Прошла неделя, другая. Вдруг Анюта объявила нам:

– Теперь я пойду в Москву. Мне надо свои дела устраивать. Ведь не могу я так жить. На фабрику наведаюсь.

Мачеха отправлялась в город с утренним поездом и взяла Анюту с собой.

– Знаете, мама, напрасно мы ее отпустили. Куда она пошла? – говорила я мачехе, когда она вернулась.

– Ничего, может быть, и пристроится. Пошла в Сокольники. Теперь лето, тепло. Пусть поищет пока. Нельзя же так ей без дела у нас жить.

Я с недоверием покачала головой.
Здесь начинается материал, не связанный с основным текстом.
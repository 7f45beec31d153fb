-- ===== src/Rbtree/Insert/Sorted.antt =====
-- The keys of the tree after an insertion, in their order.
use javalette.Rbtree.Sorting.{
  insert_sorted, IsSorted, insert_sorted-stop, insert_sorted-pass, IsSorted-hole,
}
use javalette.Rbtree.Balance.{IsRedBlack}
use javalette.Rbtree.Insert.Shape.{attach_lem, do_insert-IsRedBlack, At-root, reserve_keeps}
use javalette.Rbtree.Insert.Walks.{Follows, Arrived, descend-Arrived}
use javalette.Prelude.{
  ℕ, ◌+◌, ◌≡◌, refl, sym, ap, ◌∙◌, List, [], ◌∷◌, ◌++◌, append-nil, append_assoc, Option, some,
  Ensures, Ensures-bind, Returns, Ensures-imp, Ensures-assert, Returns-Ensures, Returns-bind, ◌==◌,
  Returns-imp, assert, not, ◌>>◌,
}
use javalette.Rbtree.{
  Color, red, black, Node, nil, node, Frame, from_left, from_right, plug, paint, close, paint_left,
  paint_right, RbPair, Rbtree, frame_color, color, is_black,
}
use javalette.Rbtree.Order.{inorder, before, after, inorder-plug, inorder-paint}
use javalette.Rbtree.Insert.{
  settle_left, settle_right, insert_fixup, branch, do_insert, insert, reserve, loop_asserts,
}

Ensures-branch {ℓ κ} :
    {A : Type ℓ} (P : A → Type κ) (pc uc : Color) (a b c : Option A)
    → Ensures P a
    → Ensures P b
    → Ensures P c
    → Ensures P (branch pc uc a b c)
Ensures-branch P black uc a b c f g h = f
Ensures-branch P red red a b c f g h = g
Ensures-branch P red black a b c f g h = h

module _ {ℓ} {K : Type ℓ} where
  -- The keys of `z` are `ks`.
  abbrev pub Keeps : List K → Node K → Type ℓ
  Keeps ks z = inorder z ≡ ks

  pub inorder-paint_left : (c : Color) (z : Node K) → inorder (paint_left c z) ≡ inorder z
  inorder-paint_left c nil = refl
  inorder-paint_left c (node d l k r) = rw inorder-paint

  pub inorder-paint_right : (c : Color) (z : Node K) → inorder (paint_right c z) ≡ inorder z
  inorder-paint_right c nil = refl
  inorder-paint_right c (node d l k r) = rw inorder-paint

  settle_left-inorder :
      (z : Node K) (p : Frame K) (c : Color) (k : K) (u : Node K)
      → Ensures (Keeps (inorder (node c (close z p) k u))) (settle_left z p c k u)
  unfolding settle_left
  settle_left-inorder (node a x y e) (from_left d l r) c k u =
      Ensures-assert (Keeps _) (is_black (color r)) _ (simp append_assoc)
  settle_left-inorder (node a x y e) (from_right d l r) c k u =
      Ensures-assert (Keeps _) (is_black (color e)) _ (simp append_assoc)
  settle_left-inorder nil (from_left d l r) c k u =
      Ensures-assert (Keeps _) (is_black (color r)) _ (simp append_assoc)
  settle_left-inorder nil (from_right d l r) c k u = tt

  settle_right-inorder :
      (z : Node K) (p : Frame K) (c : Color) (u : Node K) (k : K)
      → Ensures (Keeps (inorder (node c u k (close z p)))) (settle_right z p c u k)
  unfolding settle_right
  settle_right-inorder (node a x y e) (from_left d l r) c u k =
      Ensures-assert (Keeps _) (is_black (color x)) _ (simp append_assoc)
  settle_right-inorder (node a x y e) (from_right d l r) c u k =
      Ensures-assert (Keeps _) (is_black (color l)) _ (simp append_assoc)
  settle_right-inorder nil (from_left d l r) c u k = tt
  settle_right-inorder nil (from_right d l r) c u k =
      Ensures-assert (Keeps _) (is_black (color l)) _ (simp append_assoc)

  -- Two subtrees with the same keys give the same keys at one place.
  pub plug_cong :
      (y z : Node K) (fs : List (Frame K))
      → inorder y ≡ inorder z
      → inorder (plug y fs) ≡ inorder (plug z fs)
  plug_cong y z fs e = rw (inorder-plug y fs, inorder-plug z fs, e)

  abbrev pub KeepsRoot : List K → Node K × ℕ → Type ℓ
  KeepsRoot ks (root, bh) = inorder root ≡ ks

  Ensures-red :
      (ks : List K) (z : Node K) (m : Option (Node K × ℕ))
      → Ensures (KeepsRoot ks) m
      → Ensures (KeepsRoot ks) (assert (not (is_black (color z))) >> m)
  Ensures-red ks z m h = Ensures-assert (KeepsRoot ks) _ m h

  Ensures-loop_asserts :
      (ks : List K) (z : Node K) (c : Color) (m : Option (Node K × ℕ))
      → Ensures (KeepsRoot ks) m
      → Ensures (KeepsRoot ks) (loop_asserts z c m)
  Ensures-loop_asserts ks z c m h =
      Ensures-assert (KeepsRoot ks) _ _ (Ensures-assert (KeepsRoot ks) (is_black c) m h)

  pub insert_fixup-inorder :
      (bh : ℕ) (z : Node K) (fs : List (Frame K))
      → Ensures (KeepsRoot (inorder (plug z fs))) (insert_fixup bh z fs)
  unfolding insert_fixup
  insert_fixup-inorder bh z [] = Ensures-red _ z _ (inorder-paint black z)
  insert_fixup-inorder bh z (from_left red k r ∷ []) = Ensures-red _ z _ tt
  insert_fixup-inorder bh z (from_left black k r ∷ []) = Ensures-red _ z _ refl
  insert_fixup-inorder bh z (from_right red l k ∷ []) = Ensures-red _ z _ tt
  insert_fixup-inorder bh z (from_right black l k ∷ []) = Ensures-red _ z _ refl
  insert_fixup-inorder bh z (p ∷ from_left c k u ∷ rest) =
      let rise = node red (paint black (close z p)) k (paint black u) in
      Ensures-branch (KeepsRoot _) (frame_color p) (color u) _ _ _ (Ensures-red _ z _ refl)
        (Ensures-loop_asserts _ z c _ (
          Ensures-imp (KeepsRoot (inorder (plug rise rest))) (KeepsRoot _) _
            (λ r e. e ∙ plug_cong rise (node c (close z p) k u) rest (simp inorder-paint))
            (insert_fixup-inorder bh rise rest)))
        (Ensures-loop_asserts _ z c _ (
          Ensures-bind (Keeps (inorder (node c (close z p) k u))) (KeepsRoot _) _ _
            (settle_left-inorder z p c k u) (λ t e. plug_cong t (node c (close z p) k u) rest e)))
  insert_fixup-inorder bh z (p ∷ from_right c u k ∷ rest) =
      let rise = node red (paint black u) k (paint black (close z p)) in
      Ensures-branch (KeepsRoot _) (frame_color p) (color u) _ _ _ (Ensures-red _ z _ refl)
        (Ensures-loop_asserts _ z c _ (
          Ensures-imp (KeepsRoot (inorder (plug rise rest))) (KeepsRoot _) _
            (λ r e. e ∙ plug_cong rise (node c u k (close z p)) rest (simp inorder-paint))
            (insert_fixup-inorder bh rise rest)))
        (Ensures-loop_asserts _ z c _ (
          Ensures-bind (Keeps (inorder (node c u k (close z p)))) (KeepsRoot _) _ _
            (settle_right-inorder z p c u k) (λ t e. plug_cong t (node c u k (close z p)) rest e)))

module _ {ℓ} {K : Type ℓ} ⦃p : RbPair K⦄ where
  -- Insertion into the whole list is insertion into the part that the walk of `x` leads to.
  insert_sorted-plug :
      (x : K) (z : Node K) (fs : List (Frame K))
      → Follows x fs
      → IsSorted (inorder (plug z fs))
      → insert_sorted x (inorder (plug z fs)) ≡ before fs ++ insert_sorted x (inorder z) ++ after fs
  insert_sorted-plug x z [] f s = sym (append-nil (insert_sorted x (inorder z)))
  insert_sorted-plug x z (from_left c k r ∷ fs) f s =
      rw
        (
          insert_sorted-plug x (node c z k r) fs f.1 s,
          insert_sorted-stop x k (inorder z) (inorder r) f.0,
        )
        (simp append_assoc)
  insert_sorted-plug x z (from_right c l k ∷ fs) f s =
      rw
        (
          insert_sorted-plug x (node c l k z) fs f.1 s,
          insert_sorted-pass x k (inorder l) (inorder z) (IsSorted-hole (node c l k z) fs s) f.0,
        )
        (simp append_assoc)

  -- The key is put where the walk ended.
  inserted_at :
      (x : K) (fs : List (Frame K))
      → Follows x fs
      → IsSorted (inorder (plug nil fs))
      → inorder (plug (node red nil x nil) fs) ≡ insert_sorted x (inorder (plug nil fs))
  inserted_at x fs f s =
      inorder-plug (node red nil x nil) fs ∙ sym (insert_sorted-plug x nil fs f s)

  abbrev pub Inserts : Rbtree K → K → Rbtree K → Type ℓ
  Inserts t x t' = inorder t'.root ≡ insert_sorted x (inorder t.root)

  do_insert-inorder :
      (t : Rbtree K) (x : K) (stack : List (Frame K))
      → Follows x stack
      → plug nil stack ≡ t.root
      → IsSorted (inorder t.root)
      → Ensures (Inserts t x) (do_insert t x stack)
  unfolding do_insert
  do_insert-inorder t x [] f e s =
      Ensures-assert (Inserts t x) (t.bh + 1 == 1)
        (some (record t { root = node black nil x nil; bh = t.bh + 1 })) (rw (← e) refl)
  do_insert-inorder t x (parent ∷ stack) f e s =
      let new = node red nil x nil in
      let grown = inserted_at x (parent ∷ stack) f (rw (← e) at s) in
      rw (attach_lem x parent stack f) (
        Ensures-bind (KeepsRoot (inorder (plug new (parent ∷ stack)))) (Inserts t x) _ _
          (insert_fixup-inorder t.bh new (parent ∷ stack))
          (λ r h. h ∙ grown ∙ ap (λ z. insert_sorted x (inorder z)) e))

  abbrev pub Grown : Rbtree K → K → Rbtree K → Type ℓ
  Grown t x t' = IsRedBlack t' × Inserts t x t'

  pub do_insert-Grown :
      (t : Rbtree K) (x : K) (stack : List (Frame K))
      → Arrived t.bh x t.root (nil, stack)
      → IsSorted (inorder t.root)
      → Returns (Grown t x) (do_insert t x stack)
  do_insert-Grown t x stack a s =
      Returns-Ensures IsRedBlack (Inserts t x) _ (do_insert-IsRedBlack t x stack a.0 a.1.1)
        (do_insert-inorder t x stack a.1.1 a.1.0 s)

  -- On a red-black tree with its keys in order `rb_insert` fails no assertion; the new tree is
  -- red-black, and its keys from left to right are the old ones with `x` put in place.
  pub insert-Grown :
      (t : Rbtree K) (x : K)
      → IsRedBlack t
      → IsSorted (inorder t.root)
      → Returns (Grown t x) (insert t x)
  unfolding insert
  insert-Grown t x v s =
      Returns-bind (λ stack. Arrived t.bh x t.root (nil, stack)) (Grown t x) _ _
        (descend-Arrived t.bh x t.root (At-root t v))
        (λ stack a.
          let k = reserve_keeps t in
          Returns-imp (Grown (reserve t) x) (Grown t x) (do_insert (reserve t) x stack)
            (λ t' g. (g.0, g.1 ∙ ap (λ z. insert_sorted x (inorder z)) k.1))
            (do_insert-Grown (reserve t) x stack (rw (k.0, k.1) a) (rw k.1 s)))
Уж коли четыре года не могла никуда пристроиться, значит, ей это не так-то легко.

XII

В начале сентября мы переехали в город. Об Анюте мы ничего не слыхали. Дела, которые вызвали мачеху в Москву, приняли дурной оборот: мы должны были стать вдвое беднее. Мы не знали, с чем и выедем из Москвы месяца через три-четыре, когда все хлопоты кончатся.

В нашей маленькой квартирке во дворе под Новинским было темно и тоскливо, когда наступали ранние сумерки, с осенними дождями и непогодой.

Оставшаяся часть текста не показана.